» DIRECTIONS FOR THIS TASK
The line containing "variant_value : ℕ → Value → Value" marks the end, so write out exactly every line from the top of the entries below through that one.

[Opening MATERIAL FOR THIS EXERCISE section]

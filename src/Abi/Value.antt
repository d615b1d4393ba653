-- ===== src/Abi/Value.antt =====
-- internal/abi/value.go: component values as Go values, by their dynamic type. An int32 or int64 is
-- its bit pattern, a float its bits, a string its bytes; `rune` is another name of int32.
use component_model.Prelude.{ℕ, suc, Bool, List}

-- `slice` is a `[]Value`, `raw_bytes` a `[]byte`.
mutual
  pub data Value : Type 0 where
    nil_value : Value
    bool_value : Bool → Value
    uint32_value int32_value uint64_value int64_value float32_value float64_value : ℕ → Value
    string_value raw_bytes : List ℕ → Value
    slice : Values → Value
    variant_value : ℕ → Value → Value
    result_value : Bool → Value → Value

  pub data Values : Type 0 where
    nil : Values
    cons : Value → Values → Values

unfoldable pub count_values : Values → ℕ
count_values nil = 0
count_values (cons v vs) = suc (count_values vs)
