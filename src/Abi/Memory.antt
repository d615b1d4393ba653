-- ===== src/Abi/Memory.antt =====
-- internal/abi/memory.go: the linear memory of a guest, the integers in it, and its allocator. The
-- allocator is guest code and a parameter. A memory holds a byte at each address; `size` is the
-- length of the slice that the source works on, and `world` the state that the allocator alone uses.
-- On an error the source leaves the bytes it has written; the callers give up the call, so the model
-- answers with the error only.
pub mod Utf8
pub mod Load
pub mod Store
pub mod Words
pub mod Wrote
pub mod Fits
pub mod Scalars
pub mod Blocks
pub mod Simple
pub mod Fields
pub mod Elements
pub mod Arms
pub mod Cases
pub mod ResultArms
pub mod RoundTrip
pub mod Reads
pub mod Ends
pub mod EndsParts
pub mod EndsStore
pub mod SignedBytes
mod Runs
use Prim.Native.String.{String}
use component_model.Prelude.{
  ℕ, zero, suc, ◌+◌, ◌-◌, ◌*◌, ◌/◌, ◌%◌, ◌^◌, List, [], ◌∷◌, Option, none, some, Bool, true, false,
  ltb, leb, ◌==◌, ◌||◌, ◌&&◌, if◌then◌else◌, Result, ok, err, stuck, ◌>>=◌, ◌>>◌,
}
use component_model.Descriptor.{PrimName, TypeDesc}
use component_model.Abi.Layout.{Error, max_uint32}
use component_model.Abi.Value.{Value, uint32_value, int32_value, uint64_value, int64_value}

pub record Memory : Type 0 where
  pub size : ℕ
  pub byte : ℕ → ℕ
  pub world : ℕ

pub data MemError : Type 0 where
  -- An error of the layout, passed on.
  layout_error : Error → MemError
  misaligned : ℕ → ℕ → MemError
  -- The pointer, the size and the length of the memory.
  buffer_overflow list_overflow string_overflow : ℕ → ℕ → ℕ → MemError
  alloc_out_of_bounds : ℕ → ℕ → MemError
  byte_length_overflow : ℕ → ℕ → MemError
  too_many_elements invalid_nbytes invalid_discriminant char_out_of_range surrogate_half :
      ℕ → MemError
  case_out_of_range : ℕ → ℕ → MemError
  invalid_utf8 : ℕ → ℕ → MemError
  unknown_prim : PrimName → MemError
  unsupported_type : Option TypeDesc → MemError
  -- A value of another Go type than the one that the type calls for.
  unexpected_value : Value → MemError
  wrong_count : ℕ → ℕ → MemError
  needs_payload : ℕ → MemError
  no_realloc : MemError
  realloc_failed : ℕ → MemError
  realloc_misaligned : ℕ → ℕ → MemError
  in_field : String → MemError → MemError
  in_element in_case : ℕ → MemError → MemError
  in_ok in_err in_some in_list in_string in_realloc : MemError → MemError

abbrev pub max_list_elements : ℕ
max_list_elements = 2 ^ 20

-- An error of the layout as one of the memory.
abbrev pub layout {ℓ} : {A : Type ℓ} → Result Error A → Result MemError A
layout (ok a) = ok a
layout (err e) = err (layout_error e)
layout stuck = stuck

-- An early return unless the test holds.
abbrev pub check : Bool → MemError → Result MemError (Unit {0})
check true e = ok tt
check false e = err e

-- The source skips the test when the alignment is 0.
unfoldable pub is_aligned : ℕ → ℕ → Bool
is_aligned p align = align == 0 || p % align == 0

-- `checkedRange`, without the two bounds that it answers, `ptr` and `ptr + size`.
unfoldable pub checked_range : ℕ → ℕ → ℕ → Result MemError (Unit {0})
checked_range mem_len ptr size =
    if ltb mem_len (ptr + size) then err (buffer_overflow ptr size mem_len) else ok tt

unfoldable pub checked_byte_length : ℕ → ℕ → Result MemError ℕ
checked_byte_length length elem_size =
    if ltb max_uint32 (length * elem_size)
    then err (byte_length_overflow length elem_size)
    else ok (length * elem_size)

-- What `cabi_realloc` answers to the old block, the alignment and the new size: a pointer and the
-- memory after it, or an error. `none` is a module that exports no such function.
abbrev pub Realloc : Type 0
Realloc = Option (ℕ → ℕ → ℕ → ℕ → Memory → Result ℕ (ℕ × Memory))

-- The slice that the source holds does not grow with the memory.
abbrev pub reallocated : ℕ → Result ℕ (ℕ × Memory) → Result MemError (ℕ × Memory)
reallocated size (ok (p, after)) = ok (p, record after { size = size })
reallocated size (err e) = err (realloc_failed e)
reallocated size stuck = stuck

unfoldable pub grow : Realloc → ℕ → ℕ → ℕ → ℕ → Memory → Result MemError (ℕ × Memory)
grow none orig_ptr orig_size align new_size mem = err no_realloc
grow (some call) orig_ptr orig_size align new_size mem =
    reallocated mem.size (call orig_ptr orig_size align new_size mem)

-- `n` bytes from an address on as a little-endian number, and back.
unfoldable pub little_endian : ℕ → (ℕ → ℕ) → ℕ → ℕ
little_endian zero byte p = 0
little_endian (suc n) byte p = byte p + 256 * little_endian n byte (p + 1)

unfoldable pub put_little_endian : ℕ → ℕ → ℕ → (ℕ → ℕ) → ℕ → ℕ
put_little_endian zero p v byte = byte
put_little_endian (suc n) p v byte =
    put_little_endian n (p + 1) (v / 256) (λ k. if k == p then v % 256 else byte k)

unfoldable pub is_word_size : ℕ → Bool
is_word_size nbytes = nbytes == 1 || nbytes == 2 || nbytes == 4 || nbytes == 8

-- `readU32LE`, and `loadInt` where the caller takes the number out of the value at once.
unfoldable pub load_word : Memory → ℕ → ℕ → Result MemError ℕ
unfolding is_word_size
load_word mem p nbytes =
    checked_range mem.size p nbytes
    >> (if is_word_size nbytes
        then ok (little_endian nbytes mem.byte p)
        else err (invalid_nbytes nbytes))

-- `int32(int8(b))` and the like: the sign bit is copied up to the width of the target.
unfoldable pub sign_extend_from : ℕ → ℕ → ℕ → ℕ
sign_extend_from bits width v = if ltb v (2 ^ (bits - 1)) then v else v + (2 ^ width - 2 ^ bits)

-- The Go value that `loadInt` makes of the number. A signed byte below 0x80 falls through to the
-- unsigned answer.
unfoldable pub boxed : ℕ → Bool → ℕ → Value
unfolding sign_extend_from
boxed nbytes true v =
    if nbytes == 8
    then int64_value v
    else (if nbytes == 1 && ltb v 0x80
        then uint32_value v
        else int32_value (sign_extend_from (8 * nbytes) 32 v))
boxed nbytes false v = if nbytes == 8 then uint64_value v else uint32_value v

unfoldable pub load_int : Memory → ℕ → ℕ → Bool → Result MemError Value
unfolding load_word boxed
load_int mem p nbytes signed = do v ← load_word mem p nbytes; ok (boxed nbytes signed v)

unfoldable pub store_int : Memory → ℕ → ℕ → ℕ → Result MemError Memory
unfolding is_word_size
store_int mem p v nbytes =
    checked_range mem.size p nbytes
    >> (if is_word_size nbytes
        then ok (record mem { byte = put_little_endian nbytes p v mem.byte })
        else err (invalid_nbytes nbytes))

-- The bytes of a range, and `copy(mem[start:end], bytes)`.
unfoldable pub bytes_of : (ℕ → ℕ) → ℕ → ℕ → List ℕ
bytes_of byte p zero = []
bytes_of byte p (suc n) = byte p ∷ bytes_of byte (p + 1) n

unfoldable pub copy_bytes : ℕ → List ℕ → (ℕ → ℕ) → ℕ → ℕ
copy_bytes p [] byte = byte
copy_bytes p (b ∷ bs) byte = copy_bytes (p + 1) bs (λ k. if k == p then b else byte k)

[Closing MATERIAL FOR THIS EXERCISE section]

» EXERCISE RESPONSE
filename src/Abi/Value.antt
repository d615b1d4393ba653
-- ===== src/Abi/Value.antt =====
-- internal/abi/value.go: component values as Go values, by their dynamic type. An int32 or int64 is
-- its bit pattern, a float its bits, a string its bytes; `rune` is another name of int32.
use component_model.Prelude.{ℕ, suc, Bool, List}

-- `slice` is a `[]Value`, `raw_bytes` a `[]byte`.
mutual
  pub data Value : Type 0 where
    nil_value : Value
    bool_value : Bool → Value
    uint32_value int32_value uint64_value int64_value float32_value float64_value : ℕ → Value
    string_value raw_bytes : List ℕ → Value
    slice : Values → Value
    variant_value : ℕ → Value → Value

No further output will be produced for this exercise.